Kubernetes Observability#

This guide provides recommendations and assists in setting up monitoring for a Determined installation on Kubernetes.

Prerequisites#

  • Determined must be running within a Kubernetes cluster.

  • The Helm value observability.enable_prometheus must be set to true (this is the default setting).

  • CLI must be installed.

  • Kubectl must be installed and configured appropriately.

Configuration Steps#

Create a Namespace#

  • Run the following command to create a namespace called det-monitoring:

    kubectl create ns det-monitoring
    

Change Directory#

  • Clone the repository and navigate to the tools/observability directory:

    git clone https://github.com/determined-ai/determined.git && \
      cd determined/tools/observability
    

Token Refresh#

The Determined Prometheus export endpoint is secured by authentication, requiring a refreshable authentication token. Set up a cron job for token refresh as follows:

  1. Create an account.

det -u admin user create tokenrefresher
  1. Change the account password.

det -u admin user change-password tokenrefresher
  1. Store the credentials.

kubectl -n det-monitoring create secret generic token-refresh-username-pass \
  --from-literal="creds=tokenrefresher:testPassword1"
  1. Deploy a cron job.

Attention

tokenRefresher.yaml may not work work in every Kuberenetes setup. If you have a unique use case, it might need modification. Hardcoding the Determined master IP can reduce assumptions made by the script.

kubectl -n det-monitoring apply -f tokenRefresher.yaml
  1. Verify “secret” creation. After a few minutes, check that the det-prom-token secret was created and det-token is more than 0 bytes.

kubectl -n det-monitoring describe secret det-prom-token

Install DCGM Exporter#

Depending on your environment, follow these steps for installing the DCGM exporter:

Steps for General Cloud Environments#

In general, to install DCGM in a cloud-based environment, follow the documentation for that environment.

If you are not following the steps described here for GKE as a reference, you may need to change the additionalScrapeConfigs in the grafana-prom-values.yaml.

If you are deploying on-prem, visit Nvidia docs on installing the DCGM exporter.

Steps for GKE#

  1. Create a namespace for the exporter.

kubectl create ns gmp-public
  1. Apply the exporter from the GKE docs.

kubectl apply -n gmp-public -f https://raw.githubusercontent.com/GoogleCloudPlatform/prometheus-engine/main/examples/nvidia-dcgm/exporter.yaml
  1. Create a service for the DCGM exporter.

kubectl apply -n gmp-public -f gkeDCGMExporterService.yaml

This differs from the GKE documentation because we deploy a Prometheus installation instead of using Google Cloud’s managed service. While it is still possible to use Google Cloud’s managed service, some features, such as GPU statistics by user, will not be available.
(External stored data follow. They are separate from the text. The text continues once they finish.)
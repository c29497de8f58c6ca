-- ===== src/Store/Claim/Order.antt =====
-- The order of the queue (remy-cc/src/state.rs, the `ORDER BY` of `claim_next_pending`).
use remy_cc.Prelude.{
  ◌<◌, ◌≤◌, ◌⊎◌, ◌↔◌, ltb, ==_refl, text_eq_refl, text_eq_iff, any_if-false, any_if-none, IsStrict,
  Bool, true, false, ◌≡◌, refl, sym, Option, none, some, inl, inr, List, [], ◌∷◌, Memᴰ, arith,
  Option-cases, Bool-cases, mem-cons_cases, not-mem-nil, subst, select_if, mem-select_if,
}
use remy_cc.Job.{
  JobRow, priority_db, pending, running, cancel_requested, job_type_eq_refl, job_type_eq→eq,
  status_eq→eq, status_eq,
}
use remy_cc.Store.Claim.{runs_before, first_by, locks, is_claimable, next_claim}

pub runs_before-IsStrict : IsStrict runs_before
unfolding runs_before
runs_before-IsStrict = record {
  irrefl = λ a. ground arith;
  asym = λ a b h. ground arith;
  trans = λ a b c h k. ground arith;
}

pub mem-first_by :
    (before : JobRow → JobRow → Bool) (rs : List JobRow) {r : JobRow}
    → first_by before rs ≡ some r
    → Memᴰ r rs
unfolding first_by
mem-first_by before [] h = cc
mem-first_by before (x ∷ xs) {r} h = elim (Option-cases (first_by before xs)) [
  | inl e ↦ let same : x ≡ r = cc (rw (e, first_by) at h) in Memᴰ.head (sym same)
  | inr (best, e) ↦ elim (Bool-cases (before best x)) [
    | inl t ↦
        let same : best ≡ r = ground (arith, h) in
        Memᴰ.tail (subst (λ z. Memᴰ z xs) same (mem-first_by before xs e))
    | inr t ↦ let same : x ≡ r = ground (arith, h) in Memᴰ.head (sym same)
  ]
]

pub first_by-none :
    (before : JobRow → JobRow → Bool) (rs : List JobRow) → first_by before rs ≡ none → rs ≡ []
unfolding first_by
first_by-none before [] h = refl
first_by-none before (r ∷ rs) h = elim (Option-cases (first_by before rs)) [
  | inl e ↦ cc (rw e at h)
  | inr (b, e) ↦ cc (rw e at h)
]

module _ (before : JobRow → JobRow → Bool) (strict : IsStrict before) where
  -- No row comes before the first one.
  pub first_by-first :
      (rs : List JobRow) {r : JobRow}
      → first_by before rs ≡ some r
      → (x : JobRow) → Memᴰ x rs
      → before x r ≡ false
  unfolding first_by
  first_by-first [] h x m = cc
  first_by-first (y ∷ ys) {r} h x m = elim (Option-cases (first_by before ys)) [
    | inl e ↦
        let alone : y ≡ r = cc (rw (e, first_by) at h) in
        elim (mem-cons_cases m) [
          | inl ex ↦ rw (ex, alone) (strict.irrefl r)
          | inr mx ↦ absurd (not-mem-nil (rw (first_by-none before ys e) at mx))
        ]
    | inr (best, e) ↦ elim (Bool-cases (before best y)) [
      | inl t ↦
          let same : best ≡ r = ground (arith, h) in
          elim (mem-cons_cases m) [
            | inl ex ↦ rw ex (rw same at (strict.asym best y t))
            | inr mx ↦ subst (λ z. before x z ≡ false) same (first_by-first ys e x mx)
          ]
      | inr t ↦
          let same : y ≡ r = ground (arith, h) in
          elim (mem-cons_cases m) [
            | inl ex ↦ rw (ex, same) (strict.irrefl r)
            | inr mx ↦ rw same at (strict.trans x best y (first_by-first ys e x mx) t)
          ]
    ]
  ]

-- What the `WHERE` clause says of a row.
pub record Claimable (jobs : List JobRow) (r : JobRow) : Type 0 where
  pub member : Memᴰ r jobs
  pub waiting : r.status ≡ pending
  pub unlocked :
      (y : JobRow)
      → Memᴰ y jobs
      → (y.status ≡ running) ⊎ (y.status ≡ cancel_requested)
      → ¬ (
          (r.project_id ≡ y.project_id) × (r.job_type ≡ y.job_type) × (r.dedupe_key ≡ y.dedupe_key))

-- `r` is of a higher priority than `x`, or of the same and older, or also as old and of no larger id.
abbrev pub Precedes : JobRow → JobRow → Type 0
Precedes r x =
    (priority_db x.priority < priority_db r.priority)
    ⊎ ((priority_db x.priority ≡ priority_db r.priority)
        × ((r.created_at < x.created_at) ⊎ ((r.created_at ≡ x.created_at) × (r.id ≤ x.id))))

Precedes-of : (r x : JobRow) → runs_before x r ≡ false → Precedes r x
unfolding runs_before
Precedes-of r x h = elim (Bool-cases (ltb (priority_db x.priority) (priority_db r.priority))) [
  | inl t ↦ inl (ground arith)
  | inr f ↦ inr (
    ground arith,
    elim (Bool-cases (ltb r.created_at x.created_at)) [
      | inl t ↦ inl (ground arith)
      | inr g ↦ inr (ground arith, ground arith)
    ],
  )
]

locks_of :
    (r y : JobRow)
    → (y.status ≡ running) ⊎ (y.status ≡ cancel_requested)
    → (r.project_id ≡ y.project_id) × (r.job_type ≡ y.job_type) × (r.dedupe_key ≡ y.dedupe_key)
    → locks r y ≡ true
locks_of r y (inl busy) (k0, k1, k2) =
    rw (busy, k0, k1, k2)
      (rw (==_refl y.project_id, job_type_eq_refl y.job_type, text_eq_refl y.dedupe_key) refl)
locks_of r y (inr busy) (k0, k1, k2) =
    rw (busy, k0, k1, k2)
      (rw (==_refl y.project_id, job_type_eq_refl y.job_type, text_eq_refl y.dedupe_key) refl)

locks-keys :
    (r y : JobRow)
    → locks r y ≡ true
    → ((y.status ≡ running) ⊎ (y.status ≡ cancel_requested))
      × (r.project_id ≡ y.project_id)
      × (r.job_type ≡ y.job_type)
      × (r.dedupe_key ≡ y.dedupe_key)
locks-keys r y h = (
  elim (Bool-cases (status_eq y.status running)) [
    | inl t ↦ inl (status_eq→eq y.status running t)
    | inr f ↦ inr (status_eq→eq y.status cancel_requested (ground arith))
  ],
  ground arith,
  sym (job_type_eq→eq y.job_type r.job_type (ground arith)),
  sym ((text_eq_iff y.dedupe_key r.dedupe_key).0 (ground arith)),
)

pub is_claimable_iff :
    (jobs : List JobRow) (r : JobRow)
    → Memᴰ r jobs
    → (is_claimable jobs r ≡ true) ↔ Claimable jobs r
unfolding is_claimable
is_claimable_iff jobs r m = (
  λ h. record {
    member = m;
    waiting = status_eq→eq r.status pending (ground arith);
    unlocked = λ y my busy key.
        let locked = locks_of r y busy key in
        let free = any_if-false (locks r) jobs (ground arith) y my in cc;
  },
  λ c.
      rw
        (
          c.waiting,
          any_if-none (locks r) jobs (λ y my. elim (Bool-cases (locks r y)) [
            | inl t ↦
                let (busy, k0, k1, k2) = locks-keys r y t in
                absurd (c.unlocked y my busy (k0, k1, k2))
            | inr f ↦ f
          ]),
        )
        refl,
)

-- The answer of the query: none if no row is claimable, and otherwise a claimable row that precedes
-- every claimable row.
abbrev pub NextIs : List JobRow → Option JobRow → Type 0
NextIs jobs none = (x : JobRow) → ¬ Claimable jobs x
NextIs jobs (some r) = Claimable jobs r × ((x : JobRow) → Claimable jobs x → Precedes r x)

next_claim-cases :
    (jobs : List JobRow) (picked : Option JobRow) → next_claim jobs ≡ picked → NextIs jobs picked
next_claim-cases jobs none e = λ x c.
    let empty = first_by-none runs_before (select_if (is_claimable jobs) jobs) e in
    not-mem-nil (
      rw empty at (
        (mem-select_if (is_claimable jobs) jobs x).1
          (c.member, (is_claimable_iff jobs x c.member).1 c)))
next_claim-cases jobs (some r) e =
    let (m, t) = (mem-select_if (is_claimable jobs) jobs r).0 (mem-first_by runs_before _ e) in
    (
      (is_claimable_iff jobs r m).0 t,
      λ x c. Precedes-of r x (
          first_by-first runs_before runs_before-IsStrict _ e x (
            (mem-select_if (is_claimable jobs) jobs x).1
              (c.member, (is_claimable_iff jobs x c.member).1 c))),
    )

-- The query of `claim_next_pending` picks, among the pending rows whose key no running or cancelling row
-- has, one of the highest priority, of those one of the oldest, and of those one of the lowest id; it
-- picks none only if there is no such row.
pub next_claim_lem : (jobs : List JobRow) → NextIs jobs (next_claim jobs)
next_claim_lem jobs = next_claim-cases jobs (next_claim jobs) refl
  1. Verify the DCGM exporter is functioning by port forwarding the service and checking metrics.

kubectl -n gmp-public port-forward service/nvidia-dcgm-exporter 9400
  1. In a new console window, verify the service.

curl 127.0.0.1:9400/metrics

Install Kube Prometheus Stack#

Follow these instructions for installing a Kube Prometheus Stack. For additional information, you can visit the Kube Prometheus stack documentation.

  1. Add the Helm repo and update.

helm repo add prometheus-community \
  https://prometheus-community.github.io/helm-charts && \
  helm repo update
  1. Install the Kube Prometheus Stack. You’ll need to change the password in the following command.

helm -n det-monitoring install monitor prometheus-community/kube-prometheus-stack \
  --set grafana.adminPassword=testPassword \
  --values grafana-prom-values.yaml

Set Up a Monitoring Dashboard#

This section guides you through the process of setting up monitoring dashboards for your Determined installation on Kubernetes.

  • Add an API monitoring dashboard.

kubectl -n det-monitoring create configmap det-api-dash --from-file api-dash.json && \
  kubectl -n det-monitoring label configmap det-api-dash grafana_dashboard=1
  • Add a resource utilization dashboard.

kubectl -n det-monitoring create configmap det-resource-utilization-dash --from-file resource-utilization-dash.json && \
  kubectl -n det-monitoring label configmap det-resource-utilization-dash grafana_dashboard=1
  • Check Prometheus operation by port forwarding.

kubectl -n det-monitoring port-forward service/monitor-kube-prometheus-st-prometheus 9090:9090
  • Verify metric scraping.

    • Go to 127.0.0.1:9090 and check that the query has two or more results with a 1 value.

    up{job=~"det-master-api-server|gpu-metrics"}
    
  • Access Grafana to view the dashboards.

kubectl -n det-monitoring port-forward svc/monitor-grafana 9000:80
  • Navigate to 127.0.0.1:9000. Sign in with the username admin and the password you set above. You should see the Determined API Server Monitoring dashboard.

Dashboard Example#

After submitting experiments on the cluster, you should see populated panels in the imported Grafana dashboard: Grafana -> Dashboards.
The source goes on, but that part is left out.